Task to carry out: Your answer should consist of the lines in the data below that contain "TagIndex".

(Stored data entries)
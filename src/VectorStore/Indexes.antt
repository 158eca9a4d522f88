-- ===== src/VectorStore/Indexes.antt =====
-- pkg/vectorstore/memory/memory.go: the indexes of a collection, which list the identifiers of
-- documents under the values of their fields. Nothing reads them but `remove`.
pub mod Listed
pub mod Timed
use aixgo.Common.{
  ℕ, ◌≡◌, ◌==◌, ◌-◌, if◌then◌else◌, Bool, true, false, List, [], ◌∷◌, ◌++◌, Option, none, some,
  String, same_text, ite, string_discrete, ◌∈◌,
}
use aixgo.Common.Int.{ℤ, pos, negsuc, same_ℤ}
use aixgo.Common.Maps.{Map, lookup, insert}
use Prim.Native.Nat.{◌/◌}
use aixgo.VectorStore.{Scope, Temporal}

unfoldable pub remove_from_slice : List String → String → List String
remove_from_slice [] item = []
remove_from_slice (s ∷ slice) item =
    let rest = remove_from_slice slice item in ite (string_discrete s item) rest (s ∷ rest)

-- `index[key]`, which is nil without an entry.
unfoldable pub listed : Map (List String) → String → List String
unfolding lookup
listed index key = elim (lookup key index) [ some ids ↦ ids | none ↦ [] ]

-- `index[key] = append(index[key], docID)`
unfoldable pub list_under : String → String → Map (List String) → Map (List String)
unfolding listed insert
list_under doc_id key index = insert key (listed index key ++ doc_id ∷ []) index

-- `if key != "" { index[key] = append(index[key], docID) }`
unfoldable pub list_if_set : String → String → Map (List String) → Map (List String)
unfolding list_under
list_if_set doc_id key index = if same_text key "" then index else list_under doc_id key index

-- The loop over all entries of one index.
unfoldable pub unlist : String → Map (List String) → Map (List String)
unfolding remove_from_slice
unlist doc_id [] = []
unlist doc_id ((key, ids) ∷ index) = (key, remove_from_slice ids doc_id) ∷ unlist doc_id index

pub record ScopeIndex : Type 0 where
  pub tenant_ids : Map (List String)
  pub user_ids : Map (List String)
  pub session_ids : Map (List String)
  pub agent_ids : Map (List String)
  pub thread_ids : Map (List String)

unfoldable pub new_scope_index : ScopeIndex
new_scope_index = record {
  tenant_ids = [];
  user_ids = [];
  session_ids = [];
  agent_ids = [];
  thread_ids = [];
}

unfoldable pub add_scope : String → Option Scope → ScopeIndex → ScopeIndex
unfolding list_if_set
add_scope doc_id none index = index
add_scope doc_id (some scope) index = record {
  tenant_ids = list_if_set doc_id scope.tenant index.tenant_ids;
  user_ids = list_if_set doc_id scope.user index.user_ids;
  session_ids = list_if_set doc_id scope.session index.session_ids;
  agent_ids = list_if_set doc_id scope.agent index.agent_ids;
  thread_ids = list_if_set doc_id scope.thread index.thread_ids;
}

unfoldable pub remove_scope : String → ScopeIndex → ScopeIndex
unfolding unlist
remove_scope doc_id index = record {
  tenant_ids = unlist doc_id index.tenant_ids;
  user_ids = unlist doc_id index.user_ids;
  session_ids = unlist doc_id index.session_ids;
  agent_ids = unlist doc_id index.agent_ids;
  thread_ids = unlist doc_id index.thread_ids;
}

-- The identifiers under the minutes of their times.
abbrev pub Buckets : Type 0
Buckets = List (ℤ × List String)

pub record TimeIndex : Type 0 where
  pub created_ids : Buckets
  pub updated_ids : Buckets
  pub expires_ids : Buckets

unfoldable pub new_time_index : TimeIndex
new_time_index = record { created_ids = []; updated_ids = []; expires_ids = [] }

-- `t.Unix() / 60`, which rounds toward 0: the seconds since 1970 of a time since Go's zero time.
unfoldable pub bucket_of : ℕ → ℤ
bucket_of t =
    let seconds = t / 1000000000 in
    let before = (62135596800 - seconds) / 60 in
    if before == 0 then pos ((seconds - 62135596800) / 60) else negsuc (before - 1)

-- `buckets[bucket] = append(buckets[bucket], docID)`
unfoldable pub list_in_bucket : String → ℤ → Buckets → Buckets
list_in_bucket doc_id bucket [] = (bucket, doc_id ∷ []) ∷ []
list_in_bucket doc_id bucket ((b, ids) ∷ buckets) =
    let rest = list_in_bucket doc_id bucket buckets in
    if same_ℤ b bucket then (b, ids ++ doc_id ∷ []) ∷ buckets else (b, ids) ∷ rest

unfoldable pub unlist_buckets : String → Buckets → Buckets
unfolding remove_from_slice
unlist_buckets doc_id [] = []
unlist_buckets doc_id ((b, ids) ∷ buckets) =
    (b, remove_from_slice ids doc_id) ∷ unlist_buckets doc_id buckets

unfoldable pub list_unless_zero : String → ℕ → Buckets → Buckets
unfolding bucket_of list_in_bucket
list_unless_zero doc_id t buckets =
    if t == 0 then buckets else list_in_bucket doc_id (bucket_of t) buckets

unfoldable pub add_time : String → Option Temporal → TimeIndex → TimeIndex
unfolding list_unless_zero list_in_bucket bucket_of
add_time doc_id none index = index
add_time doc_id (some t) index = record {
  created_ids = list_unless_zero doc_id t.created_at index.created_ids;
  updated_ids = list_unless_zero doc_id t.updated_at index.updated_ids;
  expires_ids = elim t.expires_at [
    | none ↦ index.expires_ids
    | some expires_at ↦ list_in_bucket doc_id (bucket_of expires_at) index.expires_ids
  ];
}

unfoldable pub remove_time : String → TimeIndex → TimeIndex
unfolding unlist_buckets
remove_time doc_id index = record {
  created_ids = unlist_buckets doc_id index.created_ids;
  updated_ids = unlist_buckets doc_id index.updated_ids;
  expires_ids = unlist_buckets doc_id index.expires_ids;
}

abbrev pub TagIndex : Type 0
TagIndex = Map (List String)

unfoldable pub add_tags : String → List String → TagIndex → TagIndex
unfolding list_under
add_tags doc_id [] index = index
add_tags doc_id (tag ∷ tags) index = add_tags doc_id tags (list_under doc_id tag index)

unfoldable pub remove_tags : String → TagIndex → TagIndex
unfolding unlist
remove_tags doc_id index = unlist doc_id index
==
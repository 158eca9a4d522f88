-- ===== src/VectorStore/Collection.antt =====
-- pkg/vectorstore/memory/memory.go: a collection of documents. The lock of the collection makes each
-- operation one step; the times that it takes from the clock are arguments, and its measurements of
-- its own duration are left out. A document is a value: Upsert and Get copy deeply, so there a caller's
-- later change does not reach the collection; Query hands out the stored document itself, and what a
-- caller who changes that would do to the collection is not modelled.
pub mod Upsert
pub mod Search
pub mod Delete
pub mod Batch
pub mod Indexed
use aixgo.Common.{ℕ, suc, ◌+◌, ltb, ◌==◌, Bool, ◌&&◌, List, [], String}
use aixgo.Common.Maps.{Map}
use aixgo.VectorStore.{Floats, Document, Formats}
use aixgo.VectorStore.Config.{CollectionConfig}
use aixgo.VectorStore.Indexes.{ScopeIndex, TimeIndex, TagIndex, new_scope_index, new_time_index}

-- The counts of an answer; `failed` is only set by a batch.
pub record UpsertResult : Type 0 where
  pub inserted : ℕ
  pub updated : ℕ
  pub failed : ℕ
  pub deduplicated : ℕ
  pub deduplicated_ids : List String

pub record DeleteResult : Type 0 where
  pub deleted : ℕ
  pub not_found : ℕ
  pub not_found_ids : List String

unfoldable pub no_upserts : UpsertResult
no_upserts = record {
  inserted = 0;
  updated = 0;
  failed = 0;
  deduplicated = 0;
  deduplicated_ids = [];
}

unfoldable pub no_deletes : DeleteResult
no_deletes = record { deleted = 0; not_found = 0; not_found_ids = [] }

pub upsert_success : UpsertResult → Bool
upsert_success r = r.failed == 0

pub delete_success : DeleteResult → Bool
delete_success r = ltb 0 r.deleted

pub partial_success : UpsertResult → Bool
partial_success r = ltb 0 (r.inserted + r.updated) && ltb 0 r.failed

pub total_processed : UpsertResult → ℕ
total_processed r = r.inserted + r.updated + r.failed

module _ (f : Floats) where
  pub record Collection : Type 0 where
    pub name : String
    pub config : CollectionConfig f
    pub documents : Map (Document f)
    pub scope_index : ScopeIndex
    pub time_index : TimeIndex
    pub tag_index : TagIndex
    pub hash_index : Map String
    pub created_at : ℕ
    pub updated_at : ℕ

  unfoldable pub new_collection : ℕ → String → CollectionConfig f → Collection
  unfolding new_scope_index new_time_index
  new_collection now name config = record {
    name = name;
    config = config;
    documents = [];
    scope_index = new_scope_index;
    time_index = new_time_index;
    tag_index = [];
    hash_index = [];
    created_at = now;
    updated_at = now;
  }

Problem solution:
abbrev pub TagIndex : Type 0
TagIndex = Map (List String)
unfoldable pub add_tags : String → List String → TagIndex → TagIndex
unfoldable pub remove_tags : String → TagIndex → TagIndex
use aixgo.VectorStore.Indexes.{ScopeIndex, TimeIndex, TagIndex, new_scope_index, new_time_index}
    pub tag_index : TagIndex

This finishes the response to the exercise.